Кострюков неохотно отвечал:
– Не знаю. Послал Жукова, и тот будто в воду канул.
– Может, беда случилась, а? Ведь буря какая пронеслась.
– Подождем до утра. Оно смекалистей ночи.
Но и утро не принесло ничего определенного.
Члены комиссии предложили Кострюкову начать торжество.
– Но у нас не полные сведения. Подождем еще, – отвечал он, думая: «Какое там торжество, когда люди, может быть…»
– Мы знаем, что ваша артель и «Соревнование» идут впереди. Последние сводки покажут, кто первый пришел к финишу, а пока мы распределим менее ценные премии между остальными артелями. Зачем же время терять?
Доводы были убедительные, и Кострюков согласился.
Выступали представители партийных и общественных организаций. Они отмечали проявленные рыбаками героизм, самоотверженность и большевистскую сноровку в борьбе за путину. Каждый из ораторов старался придать своей речи парадную торжественность, но праздничной обстановки не чувствовалось. Бронзокосцы часто выходили курить, вполголоса переговаривались.
Все премии, кроме первых двух, были распределены между артелями, и делать стало вроде бы нечего.
В это время в клуб вбежал забрызганный грязью парень, на минуту задержался у дверей.
– Товарищи! – обратился к рыбакам председатель конкурсной комиссии. – Как же дальше быть? – и, опустив голову, начал перелистывать лежащие на столе бумаги.
По залу гулко протопали сапоги – парень приблизился к сцене.
– Кто из вас Кострюков?
– Я.
– Получите.
Кострюков пробежал записку и радостно заулыбался.
– Товарищи! Едут наши! Слушайте.
«Товарищ Кострюков! Чтобы вы не тревожились, посылаю нарочным записку. Сообщаю: все в порядке, „Комсомолец“ вывел из шторма баркасы кумураевцев и спас их бот, севший на мель. Он принял на себя его груз и доставил бот на буксире в порт. Наш улов за эту неделю следующий: одна тысяча триста два центнера. Кумураевцы дали семьсот девяносто девять центнеров. Море улеглось.
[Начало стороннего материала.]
-- ===== src/Running/Whole.antt =====
-- How a batch and an import of src/agentlen/application/use_cases/run_import.py end, and that valid tables
-- stay valid.
use agent_len.Base.{ℕ, suc, ◌+◌, String, ◌≡◌, refl, true}
use agent_len.Base.{List, [], ◌∷◌, ◌++◌, ok}
use agent_len.Base.{arith, All, nat_eq, length}
use agent_len.Base.{inl, inr}
use agent_len.Base.Dict.{Dict}
use agent_len.Base.{string_eq, pair_eq, list_eq, int_eq}
use agent_len.Json.{Members, entries}
use agent_len.Mapping.{Mapping, ImportIssue}
use agent_len.Base.{err, Result, Result-cases, Bool-cases, ap, ◌⊎◌}
use agent_len.Python.{Python, Exc, type_error, database_error}
use agent_len.Normalizer.{NormalizationResult}
use agent_len.Storage.Table.{IsValid, insert_values-IsValid}
use agent_len.Storage.Slices.{insert_many, insert_many-insert_values}
use agent_len.Storage.Records.{
  add_raw_records, raw_values, content_hash, payload_is_json, LineKey, RawColumns, RawRecordTable,
  by_line,
}
use agent_len.Storage.Referentials.{Referentials}
use agent_len.Storage.Referentials.Total.{ValidReferentials}
use agent_len.Running.References.{Resolution}
use agent_len.Running.References.{execute, kind_eq}
use agent_len.Running.Rows.{normalize_batch, references_of}
use agent_len.Running.Batch.{Database, RunContext, Progress, Prepared, numbered, import_batch}
use agent_len.Running.Batch.{prepare_batch, rows_of_batch, finish_batch}
use agent_len.Running.Batch.{raw_of_batch}
use agent_len.Running.Counters.{ImportReport}
use agent_len.Running.Execute.{
  Reading, file_end, broken, batch_then, ImportFailure, failed, Loop, import_batches, first_loop,
  Store, RunRow, StoredFile, run_import,
}
use agent_len.Running.Execute.{finish, prepared}
use agent_len.Running.Apart.{batch_rows-Apart}
use agent_len.Running.Totals.{ValidDatabase, resolve_all-total, insert_rows-total}

-- What JSON can hold, of the records of a batch.
abbrev pub AreJson : List Members → Type 0
AreJson = All (λ raw. payload_is_json (entries raw) ≡ true)

module _ (py : Python) (context : RunContext) where
  prepare_batch-total :
      (line : ℕ) (batch : List Members) (p : Progress) {normalised : List (ℕ × NormalizationResult)}
      {last : ℕ}
      → normalize_batch py context.mapping context.data_source_id line p.next_id batch
        ≡ ok (normalised, last)
      → ValidReferentials p.database.referentials
      → (references : Resolution Referentials) × (prepare_batch py context line batch p
          ≡ ok (record { normalised = normalised; next_id = last; references = references }))
        × ValidReferentials references.state
  unfolding prepare_batch execute
  prepare_batch-total line batch p {normalised} normalizes h =
      let (references, ran, valid) =
        resolve_all-total (references_of normalised)
          (record { resolved = []; cache = p.cache; state = p.database.referentials }) h in
      (references, rw (normalizes, ran) refl, valid)

  raw_values-total :
      (line : ℕ) (batch : List Members)
      → ((rows : List (LineKey × RawColumns)) × (raw_values py context.import_run_id
              (numbered line batch)
            ≡ ok rows))
        ⊎ ((raw_values py context.import_run_id (numbered line batch) ≡ err type_error)
            × ¬ AreJson batch)
  unfolding raw_values content_hash
  raw_values-total line [] = inl ([], refl)
  raw_values-total line (raw ∷ batch) = elim (Bool-cases (payload_is_json (entries raw))) [
    | inr e ↦ inr (rw (e, content_hash) refl, λ all. cc (all.0, e))
    | inl e ↦ elim (raw_values-total (suc line) batch) [
      | inr (raised, never) ↦ inr (rw (e, content_hash, raised) refl, λ all. never all.1)
      | inl (rows, ran) ↦ inl (first line raw ∷ rows, rw (e, content_hash, ran) refl)
    ]
  ]
    where
      first : ℕ → Members → LineKey × RawColumns
      first line raw = (
        (context.import_run_id, line),
        record { payload = entries raw; content_hash = py.sha256 (py.dumps (entries raw)) },
      )

  raw_of_batch-total :
      (line : ℕ) (batch : List Members) (p : Progress)
      → IsValid p.database.raw_records
      → ((raw : Dict ℕ ℕ × RawRecordTable) × (raw_of_batch py context line batch p ≡ ok raw)
          × IsValid raw.1)
        ⊎ ((raw_of_batch py context line batch p ≡ err type_error) × ¬ AreJson batch)
  unfolding add_raw_records
  raw_of_batch-total line batch p h = elim (raw_values-total line batch) [
    | inr (raised, never) ↦ inr (rw raised refl, never)
    | inl (rows, ran) ↦
        let after = insert_many 5 rows p.database.raw_records in
        inl (
          (by_line [] after.0, after.1),
          rw ran refl,
          rw (insert_many-insert_values 5 rows p.database.raw_records (omega arith) (omega arith))
              (insert_values-IsValid rows p.database.raw_records h),
        )
  ]

  -- Why a batch raises: a record that JSON cannot hold, one that the normalizer raises on, or a row
  -- that the database refuses.
  abbrev pub BatchCause : List Members → Exc → Type 0
  BatchCause batch e =
      ((e ≡ type_error) × ¬ AreJson batch)
      ⊎ (((line next : ℕ) × (normalize_batch py context.mapping context.data_source_id line next
                batch
              ≡ err e))
          ⊎ (e ≡ database_error))

  -- A batch is stored in valid tables, which stay valid, or it raises for one of these causes.
  import_batch-ValidDatabase :
      (line : ℕ) (batch : List Members) (p : Progress)
      → ValidDatabase p.database
      → ((next : Progress × List ImportIssue) × (import_batch py context line batch p ≡ ok next)
          × ValidDatabase next.0.database)
        ⊎ ((e : Exc) × (import_batch py context line batch p ≡ err e) × BatchCause batch e)
  unfolding import_batch
  import_batch-ValidDatabase line batch p h = elim (raw_of_batch-total line batch p h.raw_records) [
    | inr (raised, never) ↦ inr (type_error, rw raised refl, inl (refl, never))
    | inl (raw, stores, kept) ↦
        elim (Result-cases
          (normalize_batch py context.mapping context.data_source_id line p.next_id batch)) [
            | inr (e, raises) ↦
                inr
                  (e, rw (stores, prepare_batch, raises) refl, inr (inl (line, p.next_id, raises)))
            | inl ((normalised, last), normalizes) ↦
                normalized line batch p h raw stores kept normalised last normalizes
          ]
  ]
    where
      normalized :
          (line : ℕ) (batch : List Members) (p : Progress)
          → ValidDatabase p.database
          → (raw : Dict ℕ ℕ × RawRecordTable) → raw_of_batch py context line batch p ≡ ok raw
          → IsValid raw.1
          → (normalised : List (ℕ × NormalizationResult)) (last : ℕ)
          → normalize_batch py context.mapping context.data_source_id line p.next_id batch
            ≡ ok (normalised, last)
          → ((next : Progress × List ImportIssue) × (import_batch py context line batch p ≡ ok next)
              × ValidDatabase next.0.database)
            ⊎ ((e : Exc) × (import_batch py context line batch p ≡ err e) × BatchCause batch e)
      normalized line batch p h raw stores kept normalised last normalizes =
          let (references, prepares, valid) =
            prepare_batch-total line batch p normalizes h.referentials in
          let made : Prepared = record {
            normalised = normalised;
            next_id = last;
            references = references;
          } in
          let rows = rows_of_batch context raw.0 made in
          let apart =
            batch_rows-Apart references.resolved context.import_run_id raw.0 py context.mapping
              context.data_source_id line p.next_id batch normalised last normalizes in
          elim (insert_rows-total rows raw.1 references.state p.database p.next_id last apart h) [
            | inr refused ↦
                inr (database_error, rw (stores, prepares, refused) refl, inr (inr refl))
            | inl (done, inserts, after) ↦ inl (
              finish_batch context p (length batch) raw made rows done,
              rw (stores, prepares, inserts) refl,
              record {
                raw_records = kept;
                sessions = after.sessions;
                model_calls = after.models;
                tool_calls = after.tools;
                referentials = valid;
              },
            )
          ]

  -- Why the loop over the file's batches ends before its end.
  abbrev pub Cause : Reading → Exc → Type 0
  Cause file_end e = ⊥
  Cause (broken x) e = e ≡ x
  Cause (batch_then batch batches) e = BatchCause batch e ⊎ Cause batches e

  -- What the loop gives, and that its tables are valid.
  abbrev Ended : Reading → Result Exc Loop × Database → Type 0
  Ended batches r =
      ValidDatabase r.1
      × (((last : Loop) × (r.0 ≡ ok last)) ⊎ ((e : Exc) × (r.0 ≡ err e) × Cause batches e))

  import_batches-Ended :
      (batches : Reading) (l : Loop)
      → ValidDatabase l.progress.database
      → Ended batches (import_batches py context batches l)
  unfolding import_batches
  import_batches-Ended file_end l h = (h, inl (l, refl))
  import_batches-Ended (broken e) l h = (h, inr (e, refl, refl))
  import_batches-Ended (batch_then batch batches) l h =
      elim (import_batch-ValidDatabase (suc l.line_number) batch l.progress h) [
        | inr (e, raised, cause) ↦ rw (raised, import_batches) (h, inr (e, refl, inl cause))
        | inl (next, ran, valid) ↦
            let (kept, ending) =
              import_batches-Ended batches
                (record {
                  line_number = l.line_number + length batch;
                  all_issues = l.all_issues ++ next.1;
                  progress = next.0;
                })
                valid in
            rw (ran, import_batches)
              (
                kept,
                elim ending [
                  | inl all ↦ inl all
                  | inr (e, raised, cause) ↦ inr (e, raised, inr cause)
                ],
              )
      ]

-- The exception of a result, if it has one.
abbrev failure_of : {A : Type 0} → Exc → Result Exc A → Exc
failure_of e (ok a) = e
failure_of e (err x) = x

-- How an import ends: with a report, or with an exception that has a cause.
abbrev pub Explained : Python → RunContext → Reading → Result ImportFailure ImportReport → Type 0
Explained py context batches result =
    ((report : ImportReport) × (result ≡ ok report))
    ⊎ ((e : Exc) × (result ≡ err (failed e)) × Cause py context batches e)

finish-Explained :
    (py : Python) (context : RunContext) (id : ℕ) (store : Store) (batches : Reading)
    (r : Result Exc Loop × Database)
    → Ended py context batches r
    → ValidDatabase (finish id store r).1.database
      × Explained py context batches (finish id store r).0
finish-Explained py context id store batches (ok last, db) (valid, ending) = (valid, inl (_, refl))
finish-Explained py context id store batches (err e, db) (valid, ending) = (
  valid,
  elim ending [
    | inl (last, is) ↦ cc is
    | inr (x, is, cause) ↦ inr (x, ap (λ r. err (failed (failure_of e r))) is, cause)
  ],
)

-- A run whose file and accepted mapping are there leaves valid tables valid, however it ends. It
-- returns a report, or it fails because the reader raises, because a record raises in the
-- normalizer or is not what JSON can hold, or because the database refuses a row: the bookkeeping
-- of ids and outcomes raises nothing.
pub run_import-ValidDatabase :
    (py : Python) (read : String → String → Reading) (next_id id : ℕ) (store : Store) (row : RunRow)
    (mapping : Mapping) (file : StoredFile)
    → prepared py id store ≡ ok (row, (mapping, file))
    → ValidDatabase store.database
    → let context : RunContext = record {
      mapping = mapping;
      data_source_id = row.data_source_id;
      import_run_id = id;
    } in
      let ended = run_import py read next_id id store in
      ValidDatabase ended.1.database
      × Explained py context (read file.storage_path file.format) ended.0
unfolding run_import
run_import-ValidDatabase py read next_id id store row mapping file ready h =
    let context : RunContext = record {
      mapping = mapping;
      data_source_id = row.data_source_id;
      import_run_id = id;
    } in
    let batches = read file.storage_path file.format in
    rw (ready, run_import)
      (finish-Explained py context id store batches
        (import_batches py context batches (first_loop store.database next_id))
        (import_batches-Ended py context batches (first_loop store.database next_id) h))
Выходим на Косу. Надеемся быть часам к десяти.
Жуков».
Кострюков передал записку комиссии.
– Вот вам и сводка. Установите, на сколько процентов выполнен план.
Бронзокосцы заволновались:
– А где же они?
– Ведь теперь, почитай, двенадцатый час!
Отдышавшись, парень провел ладонью по лицу, ответил:
– Идут. Я тоже запоздал. На полдороге конь поломал ногу. Сдал его для присмотра на Буграх и ударился пешком. Ну, пока дотащился по грязи до вашего хутора, гляжу – идут…
…Доведенный до отчаяния плачущим младенцем, Панюхай ежедневно выходил к обрыву, тоскующими глазами молил безответное море вернуть ему дочь. Потом возвращался в хутор, ловил на улицах женщин, просил покормить ребенка.
Заметив на горизонте моторные суда и баркасы, он поспешил в клуб известить рыбаков, но, пройдя немного, раздумал и вернулся к морю, будто боясь потерять из виду баркасы. Так и простоял одиноко над обрывом, пока прибывшие не сошли с подчалков на берег.
С ними были Жуков и Кондогур.
– Почему не встречают? – изумился Жуков. – Даже женщин и детей нет.
Но Панюхай не слышал его, он пробирался к Анке.
– Что же ты, чебак не курица, петлю мне на шею? Анка!..
Анка подобрала одеяло, завернула ребенка и, не глядя отцу в глаза, смущенно спросила:
– Молоко принимала?
– Плохо. Твоего требует…
– Ладно. Привыкнет.
Сашка потянул Анку за руку:
– Идем. Ну, ребята! Запевай!
Панюхай и Кондогур молча переглянулись и пошли следом за молодежью. По дороге разговорились, придя в клуб, сели рядом.
Рыбаков встретили шумно. Все вскочили с мест, захлопали.
Сашка бросился на сцену, сел за пианино и заиграл туш. Анка обратилась к первой попавшейся женщине, шепнула ей на ухо:
– Молоко есть? Покорми.
– А сама?
– У меня перегорело. Возьми скорей. Кострюков зовет.
– Эк, скаженная, – проворчала женщина, давая ребенку грудь.
– Товарищи! – начал председатель конкурсной комиссии. – У нас осталось еще две премии для двух артелей. Возьмем «Соревнование». Эта артель в течение прошлого года шла впереди всех. И теперь она выполнила правительственное задание на сто девять процентов…
В зале зашептались. Он выждал, пока шум улегся, и продолжал:
– Конкурсная комиссия постановила: премировать артель «Соревнование» постройкой рыбницы, столовой и клуба!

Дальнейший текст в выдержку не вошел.